Stored data entries:
######
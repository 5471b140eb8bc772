-- ===== src/MbsFsaId/Copied.antt =====
-- What the copy of a list of area ids leaves.
use mathlib.Core.List.{append_assoc, append-nil}
use rt_5gc_service_consumers.Common.{
  ℕ, ◌+◌, ◌<◌, ◌≤◌, true, false, List, [], ◌∷◌, ◌++◌, map, none, some, if◌then◌else◌, ok, Distinct,
  has, ◌≡◌, refl, sym, ap, ◌∙◌, arith,
}
use rt_5gc_service_consumers.MbsFsaId.Copy.{
  Heap, set, mbs_fsa_id_new, mbs_fsa_id_free, set_fsa_id, get_id, fsa_id_destination,
  mbs_fsa_id_copy, mbs_fsa_ids_clear, copy_each, mbs_fsa_ids_copy,
}

-- Every object is below the next address that is given.
abbrev pub Below : Heap → Type 0
Below h = (a : ℕ) → h.live a ≡ true → a < h.fresh

-- Every entry is an object.
abbrev pub Live : Heap → List ℕ → Type 0
Live h l = (a : ℕ) → has a l ≡ true → h.live a ≡ true

clear_lem :
    (l : List ℕ) (h : Heap)
    → Distinct l
    → Live h l
    → (k : Heap) × (mbs_fsa_ids_clear l h ≡ ok k)
      × (k.id ≡ h.id)
      × (k.fresh ≡ h.fresh)
      × ((a : ℕ) → k.live a ≡ (if has a l then false else h.live a))
unfolding mbs_fsa_ids_clear mbs_fsa_id_free
clear_lem [] h d v = (h, refl, refl, refl, λ a. refl)
clear_lem (x ∷ l) h d v =
    let now : h.live x ≡ true = v x (ground arith) in
    let freed = record h { live = set x false h.live } in
    let (k, e, ids, same, gone) = clear_lem l freed d.1 (λ a m. ground (arith, v a, d.0, m)) in
    (k, rw now e, ids, same, λ a. ground (arith, gone a))

one_lem :
    (x : ℕ) (h : Heap)
    → h.live x ≡ true
    → Below h
    → (k : Heap) × (mbs_fsa_id_copy none (some x) h ≡ ok (k, some h.fresh))
      × (k.fresh ≡ h.fresh + 1)
      × (k.id h.fresh ≡ h.id x)
      × ((a : ℕ) → a < h.fresh → (k.id a ≡ h.id a) × (k.live a ≡ h.live a))
      × (k.live h.fresh ≡ true)
      × Below k
unfolding mbs_fsa_id_copy fsa_id_destination mbs_fsa_id_new get_id set_fsa_id
one_lem x h v b =
    let lower = b x v in
    let made : Heap = (mbs_fsa_id_new h).0 in
    (
      record made { id = set h.fresh (h.id x) made.id },
      ground (arith, v, lower),
      refl,
      ground arith,
      λ a m. (ground arith, ground arith),
      ground arith,
      λ a m. ground (arith, b a),
    )

map-same : (f g : ℕ → ℕ) (l : List ℕ) → ((a : ℕ) → has a l ≡ true → f a ≡ g a) → map f l ≡ map g l
map-same f g [] h = refl
map-same f g (x ∷ l) h =
    let here = h x (ground arith) in
    let rest = map-same f g l (λ a m. h a (ground (arith, m))) in cc

-- Every entry is an address that was not given before.
abbrev pub New : Heap → List ℕ → Type 0
New h l = (a : ℕ) → has a l ≡ true → h.fresh ≤ a

-- What was there is as it was.
abbrev pub Kept : Heap → Heap → Type 0
Kept h k = (a : ℕ) → a < h.fresh → (k.id a ≡ h.id a) × (k.live a ≡ h.live a)

-- The list is a fresh copy of the other.
abbrev Copies : Heap → Heap → List ℕ → List ℕ → Type 0
Copies h k l src =
    (map k.id l ≡ map h.id src) × Live k l × New h l × Distinct l × Kept h k × (h.fresh ≤ k.fresh)

copy_each-Copies :
    (src dst : List ℕ) (h : Heap)
    → Live h src
    → Below h
    → (k : Heap) × (l : List ℕ) × (copy_each dst src h ≡ ok (k, dst ++ l)) × Copies h k l src
unfolding copy_each
copy_each-Copies [] dst h v b = (
  h,
  [],
  ap (λ l. ok (h, l)) (sym (append-nil dst)),
  (refl, λ a m. cc, λ a m. cc, tt, λ a m. (refl, refl), omega arith),
)
copy_each-Copies (x ∷ src) dst h v b =
    let lower = λ (a : ℕ) (m : has a (x ∷ src) ≡ true). b a (v a m) in
    let (k₁, e, next, id, old, now, b₁) = one_lem x h (v x (ground arith)) b in
    let v₁ : Live k₁ src =
      λ a m. (old a (lower a (ground (arith, m)))).1 ∙ v a (ground (arith, m)) in
    let (k, l, f, copies) = copy_each-Copies src (dst ++ h.fresh ∷ []) k₁ v₁ b₁ in
    let (ids, live, new, apart, kept, up) = copies in
    let own = kept h.fresh (omega (arith, next)) in
    let others : map k₁.id src ≡ map h.id src =
      map-same k₁.id h.id src (λ a m. (old a (lower a (ground (arith, m)))).0) in
    let first : k.id h.fresh ≡ h.id x = own.0 ∙ id in
    (
      k,
      h.fresh ∷ l,
      rw (e, f) (ap (λ z. ok (k, z)) (append_assoc dst (h.fresh ∷ []) l)),
      (
        cc,
        λ a m. ground (arith, own.1, now, live a, m),
        λ a m. ground (arith, new a, next, m),
        (ground (arith, new h.fresh, next), apart),
        λ a m.
            let was = kept a (omega (arith, next, m)) in
            let is = old a m in (was.0 ∙ is.0, was.1 ∙ is.1),
        omega (arith, up, next),
      ),
    )

-- What a copy over the list `dst` leaves, when it is the list `l` in the heap `k`.
pub record Replaced (h k : Heap) (dst src l : List ℕ) : Type 0 where
  pub ids : map k.id l ≡ map h.id src
  pub objects : Live k l
  pub new : New h l
  pub distinct : Distinct l
  pub freed : (a : ℕ) → has a dst ≡ true → k.live a ≡ false
  pub others : (a : ℕ) → a < h.fresh → has a dst ≡ false → (k.id a ≡ h.id a) × (k.live a ≡ h.live a)

-- To copy a list of area ids over another meets no freed object when the lists name objects, the
-- other none twice, and share none: it frees each object of the other list, and makes a list of new
-- objects, none twice, with the ids of the copied list in order; nothing else changes.
pub mbs_fsa_ids_copy-Replaced :
    (dst src : List ℕ) (h : Heap)
    → Below h
    → Distinct dst
    → Live h dst
    → Live h src
    → ((a : ℕ) → has a src ≡ true → has a dst ≡ false)
    → (k : Heap) × (l : List ℕ) × (mbs_fsa_ids_copy dst src h ≡ ok (k, l)) × Replaced h k dst src l
unfolding mbs_fsa_ids_copy
mbs_fsa_ids_copy-Replaced dst src h b d v w apart =
    let (c, e, ids, fresh, gone) = clear_lem dst h d v in
    let still : Live c src = λ a m. ground (arith, gone a, apart a m, w a m) in
    let below : Below c = λ a m. ground (arith, gone a, fresh, b a, m) in
    let (k, l, f, copies) = copy_each-Copies src [] c still below in
    let (same, live, new, distinct, kept, up) = copies in
    (
      k,
      l,
      rw e f,
      record {
        ids = same ∙ ap (λ (g : ℕ → ℕ). map g src) ids;
        objects = live;
        new = λ a m. omega (arith, new a m, fresh);
        distinct = distinct;
        freed = λ a m.
            let was = kept a (omega (arith, b a (v a m), fresh)) in
            ground (arith, was.1, gone a, m);
        others = λ a m n.
            let was = kept a (omega (arith, m, fresh)) in
            (was.0 ∙ ap (λ (g : ℕ → ℕ). g a) ids, ground (arith, was.1, gone a, n));
      },
    )
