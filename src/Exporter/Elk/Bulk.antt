-- ===== src/Exporter/Elk/Bulk.antt =====
-- internal/exporter/elk.go: BulkIndex of the client for Elasticsearch. encoding/json is a parameter,
-- and so is the network: whether a URL can be parsed, and what an exchange leaves unread of the
-- body, by the exchanges before it.
pub mod Failover
use phantom_grid.Prelude.{
  ℕ, Bool, true, false, not, ◌&&◌, Option, none, some, List, [], ◌∷◌, ◌++◌, leb, ltb, if◌then◌else◌,
  is_empty, Result, ok, err,
}
use phantom_grid.Prelude.Bytes.{Bytes, codes}

-- A request to an address, with the user and the password of its basic authentication.
pub record Request : Type 0 where
  pub url : Bytes
  pub content_type : Bytes
  pub basic_auth : Option (Bytes × Bytes)
  pub body : Bytes

-- A request and the status of its answer, if there was one.
pub record Exchange : Type 0 where
  pub request : Request
  pub answer : Option ℕ

pub record Network : Type 0 where
  pub parses : Bytes → Bool
  pub exchange : List Exchange → Request → Option ℕ × Bytes

pub data BulkError : Type 0 where
  bad_request unreachable : BulkError
  refused : ℕ → BulkError

-- ElasticsearchHTTPClient
pub record HttpClient : Type 0 where
  pub addresses : List Bytes
  pub username : Bytes
  pub password : Bytes

-- resp.StatusCode >= 200 && resp.StatusCode < 300
unfoldable pub is_success : ℕ → Bool
is_success status = leb 200 status && ltb status 300

abbrev pub is_accepted : Option ℕ → Bool
is_accepted none = false
is_accepted (some status) = is_success status

-- lastErr after an exchange that did not succeed
abbrev pub error_of : Option ℕ → BulkError
error_of none = unreachable
error_of (some status) = refused status

unfoldable pub bulk_request : HttpClient → Bytes → Bytes → Request
bulk_request client addr body = record {
  url = addr ++ codes "/_bulk";
  content_type = codes "application/json";
  basic_auth =
      if not (is_empty client.username) && not (is_empty client.password)
      then some (client.username, client.password)
      else none;
  body = body;
}

module _ (network : Network) (client : HttpClient) where
  open network use {parses, exchange}

  -- The loop over the addresses with what is left in the buffer, the last error and the exchanges
  -- so far; it yields the exchanges from here on.
  unfoldable pub try_addresses :
      List Bytes
      → Bytes
      → Option BulkError
      → List Exchange
      → Result (Option BulkError) (Unit {0}) × List Exchange
  try_addresses [] buffer last before = (err last, [])
  try_addresses (addr ∷ more) buffer last before =
      let request = bulk_request client addr buffer in
      let (answer, left) = exchange before request in
      let done : Exchange = record { request = request; answer = answer } in
      let skipped = try_addresses more buffer (some bad_request) before in
      let rest = try_addresses more left (some (error_of answer)) (before ++ done ∷ []) in
      if parses request.url
      then (if is_accepted answer then (ok tt, done ∷ []) else (rest.0, done ∷ rest.1))
      else skipped

  module _ {ℓ} {Doc : Type ℓ} (action_json : Bytes → Bytes) (doc_json : Doc → Bytes) where
    -- An action line and a document line for each document.
    unfoldable pub bulk_body : Bytes → List Doc → Bytes
    bulk_body index [] = []
    bulk_body index (doc ∷ docs) =
        action_json index ++ (10 ∷ (doc_json doc ++ (10 ∷ bulk_body index docs)))

    unfoldable pub bulk_index :
        Bytes → List Doc → Result (Option BulkError) (Unit {0}) × List Exchange
    bulk_index index documents =
        if is_empty documents
        then (ok tt, [])
        else try_addresses client.addresses (bulk_body index documents) none []
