-- ===== src/Exporter/Elk/Bulk/Failover.antt =====
-- What the requests of one BulkIndex carry.
use phantom_grid.Prelude.{◌++◌, false, Option, List, [], ◌∷◌, ◌≡◌, if◌then◌else◌, Result, ok, err}
use phantom_grid.Prelude.Bytes.{Bytes}
use phantom_grid.Exporter.Elk.Bulk.{Request, Exchange, Network, BulkError, is_accepted}

-- The body of a request is read from its front: what an exchange leaves is the end of it.
pub record Consumes (network : Network) : Type 0 where
  pub left :
      (before : List Exchange) (r : Request)
      → (read_part : Bytes) × (r.body ≡ read_part ++ (network.exchange before r).1)

-- The last request, and no other, was answered by a status of success.
abbrev pub Succeeds : List Exchange → Type 0
Succeeds [] = ⊥
Succeeds (x ∷ xs) = if is_accepted x.answer then xs ≡ [] else Succeeds xs

-- No request was answered by a status of success.
abbrev pub Fails : List Exchange → Type 0
Fails [] = Unit
Fails (x ∷ xs) = (is_accepted x.answer ≡ false) × Fails xs

-- The result agrees with the answers.
abbrev pub Agrees : Result (Option BulkError) (Unit {0}) → List Exchange → Type 0
Agrees (ok u) xs = Succeeds xs
Agrees (err e) xs = Fails xs

-- The requests pass on one body, behind the exchanges `before`: each carries what the one in front
-- of it has left unread.
abbrev pub PassOn : Network → Bytes → List Exchange → List Exchange → Type 0
PassOn network body before [] = Unit
PassOn network body before (x ∷ xs) =
    (x.request.body ≡ body)
    × (x.answer ≡ (network.exchange before x.request).0)
    × (read_part : Bytes) × (body ≡ read_part ++ (network.exchange before x.request).1)
    × PassOn network (network.exchange before x.request).1 (before ++ x ∷ []) xs
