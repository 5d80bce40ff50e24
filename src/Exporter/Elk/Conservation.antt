-- ===== src/Exporter/Elk/Conservation.antt =====
-- No document is lost or doubled, in whatever order exports and flushes run.
use phantom_grid.Prelude.{
  ℕ, zero, suc, ◌+◌, Bool, true, false, some, List, [], ◌∷◌, ◌++◌, ◌≡◌, refl, sym, ap, ◌∙◌, arith,
  >>=-eq-some, if◌then◌else◌, is_empty, inl, inr, Bool-cases,
}
use phantom_grid.Exporter.Elk.{
  ElkConfiguration, ElkExporter, begin_flush, pick_batch, settle_batch, finish_flush, buffer_event,
  Steps, done, then_export, then_begin, then_finish,
}

module _ {ℓ} {Doc : Type ℓ} (p : Doc → Bool) where
  -- How many documents of a kind a list has.
  unfoldable pub count : List Doc → ℕ
  count [] = 0
  count (d ∷ ds) = (if p d then 1 else 0) + count ds

  unfoldable pub count_all : List (List Doc) → ℕ
  count_all [] = 0
  count_all (b ∷ bs) = count b + count_all bs

  -- Those that the exporter holds or has handed over.
  unfoldable pub held : ElkExporter Doc → ℕ
  held e = count e.buffer + count_all e.in_flight + count e.sent

  count-append : (xs ys : List Doc) → count (xs ++ ys) ≡ count xs + count ys
  unfolding count
  count-append [] ys = omega arith
  count-append (x ∷ xs) ys = ground (arith, count-append xs ys)

  count_all-pick_batch :
      (i : ℕ) (batches rest : List (List Doc)) (batch : List Doc)
      → pick_batch Doc i batches ≡ some (batch, rest)
      → count_all batches ≡ count batch + count_all rest
  unfolding pick_batch count_all
  count_all-pick_batch i [] rest batch e = absurd (ground arith)
  count_all-pick_batch zero (b ∷ bs) rest batch e = ground arith
  count_all-pick_batch (suc i) (b ∷ bs) rest batch e =
      let ((c, others), q, e') = >>=-eq-some (pick_batch Doc i bs) _ e in
      let h = count_all-pick_batch i bs others c q in ground arith

  held-begin_flush : (e : ElkExporter Doc) → held (begin_flush Doc e) ≡ held e
  unfolding begin_flush held count_all
  held-begin_flush e = elim (Bool-cases (is_empty e.buffer)) [
    | inl none_left ↦ rw none_left refl
    | inr some_left ↦ rw some_left (unfold count in omega arith)
  ]

  held-settle_batch :
      (success : Bool) (batch : List Doc) (rest : List (List Doc)) (e : ElkExporter Doc)
      → count_all e.in_flight ≡ count batch + count_all rest
      → held (settle_batch Doc success batch rest e) ≡ held e
  unfolding held settle_batch
  held-settle_batch true batch rest e h = omega (arith, count-append e.sent batch)
  held-settle_batch false batch rest e h = omega (arith, count-append batch e.buffer)

  held-finish_flush :
      (success : Bool) (i : ℕ) (e f : ElkExporter Doc)
      → finish_flush Doc success i e ≡ some f
      → held f ≡ held e
  unfolding finish_flush
  held-finish_flush success i e f h =
      let ((batch, rest), q, h') = >>=-eq-some (pick_batch Doc i e.in_flight) _ h in
      let same : settle_batch Doc success batch rest e ≡ f = cc in
      sym (ap held same)
      ∙ held-settle_batch success batch rest e (count_all-pick_batch i e.in_flight rest batch q)

  held-buffer_event :
      (config : ElkConfiguration) (stamp : Doc → Doc) (doc : Doc) (e : ElkExporter Doc)
      → config.enabled ≡ true
      → held (buffer_event Doc config stamp doc e).1 ≡ (if p (stamp doc) then 1 else 0) + held e
  unfolding buffer_event held count
  held-buffer_event config stamp doc e on =
      rw on (omega (arith, count-append e.buffer (stamp doc ∷ [])))

  -- Whatever the exports and the flushes and their order, failed sends included: of the documents
  -- of any kind, the exporter holds or has handed over as many as it did at first and were
  -- exported since, with their timestamps, if it is enabled.
  pub held-Steps :
      {config : ElkConfiguration} {docs : List Doc} {e f : ElkExporter Doc}
      → config.enabled ≡ true
      → Steps Doc config docs e f
      → held f ≡ count docs + held e
  unfolding count
  held-Steps on done = omega arith
  held-Steps {config} on (then_export {f = f} stamp doc s) =
      omega (arith, held-buffer_event config stamp doc f on, held-Steps on s)
  held-Steps on (then_begin s) = held-begin_flush _ ∙ held-Steps on s
  held-Steps on (then_finish success i s q) = held-finish_flush success i _ _ q ∙ held-Steps on s
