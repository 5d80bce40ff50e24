-- ===== src/Honeypot.antt =====
-- internal/honeypot: the services that the honeypot plays.
pub mod Resp
pub mod Redis
pub mod Text
pub mod Filesystem
pub mod Contents
pub mod Screens
pub mod Ssh
pub mod Mysql
pub mod Pages
pub mod Http
pub mod Ftp
pub mod Trap
pub mod Portals
pub mod Banners
pub mod Sql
######
__What the task requires__: Look above for the line with "unfolding begin_flush held count_all" and the line with "held-Steps on (then_begin". Write out those two lines and all the lines between them, exactly, and no others.

__Result of this task__:
  unfolding begin_flush held count_all
  held-begin_flush e = elim (Bool-cases (is_empty e.buffer)) [
    | inl none_left ↦ rw none_left refl
    | inr some_left ↦ rw some_left (unfold count in omega arith)
  ]

  held-settle_batch :
      (success : Bool) (batch : List Doc) (rest : List (List Doc)) (e : ElkExporter Doc)
      → count_all e.in_flight ≡ count batch + count_all rest
      → held (settle_batch Doc success batch rest e) ≡ held e
  unfolding held settle_batch
  held-settle_batch true batch rest e h = omega (arith, count-append e.sent batch)
  held-settle_batch false batch rest e h = omega (arith, count-append batch e.buffer)

  held-finish_flush :
      (success : Bool) (i : ℕ) (e f : ElkExporter Doc)
      → finish_flush Doc success i e ≡ some f
      → held f ≡ held e
  unfolding finish_flush
  held-finish_flush success i e f h =
      let ((batch, rest), q, h') = >>=-eq-some (pick_batch Doc i e.in_flight) _ h in
      let same : settle_batch Doc success batch rest e ≡ f = cc in
      sym (ap held same)
      ∙ held-settle_batch success batch rest e (count_all-pick_batch i e.in_flight rest batch q)

  held-buffer_event :
      (config : ElkConfiguration) (stamp : Doc → Doc) (doc : Doc) (e : ElkExporter Doc)
      → config.enabled ≡ true
      → held (buffer_event Doc config stamp doc e).1 ≡ (if p (stamp doc) then 1 else 0) + held e
  unfolding buffer_event held count
  held-buffer_event config stamp doc e on =
      rw on (omega (arith, count-append e.buffer (stamp doc ∷ [])))

  -- Whatever the exports and the flushes and their order, failed sends included: of the documents
  -- of any kind, the exporter holds or has handed over as many as it did at first and were
  -- exported since, with their timestamps, if it is enabled.
  pub held-Steps :
      {config : ElkConfiguration} {docs : List Doc} {e f : ElkExporter Doc}
      → config.enabled ≡ true
      → Steps Doc config docs e f
      → held f ≡ count docs + held e
  unfolding count
  held-Steps on done = omega arith
  held-Steps {config} on (then_export {f = f} stamp doc s) =
      omega (arith, held-buffer_event config stamp doc f on, held-Steps on s)
  held-Steps on (then_begin s) = held-begin_flush _ ∙ held-Steps on s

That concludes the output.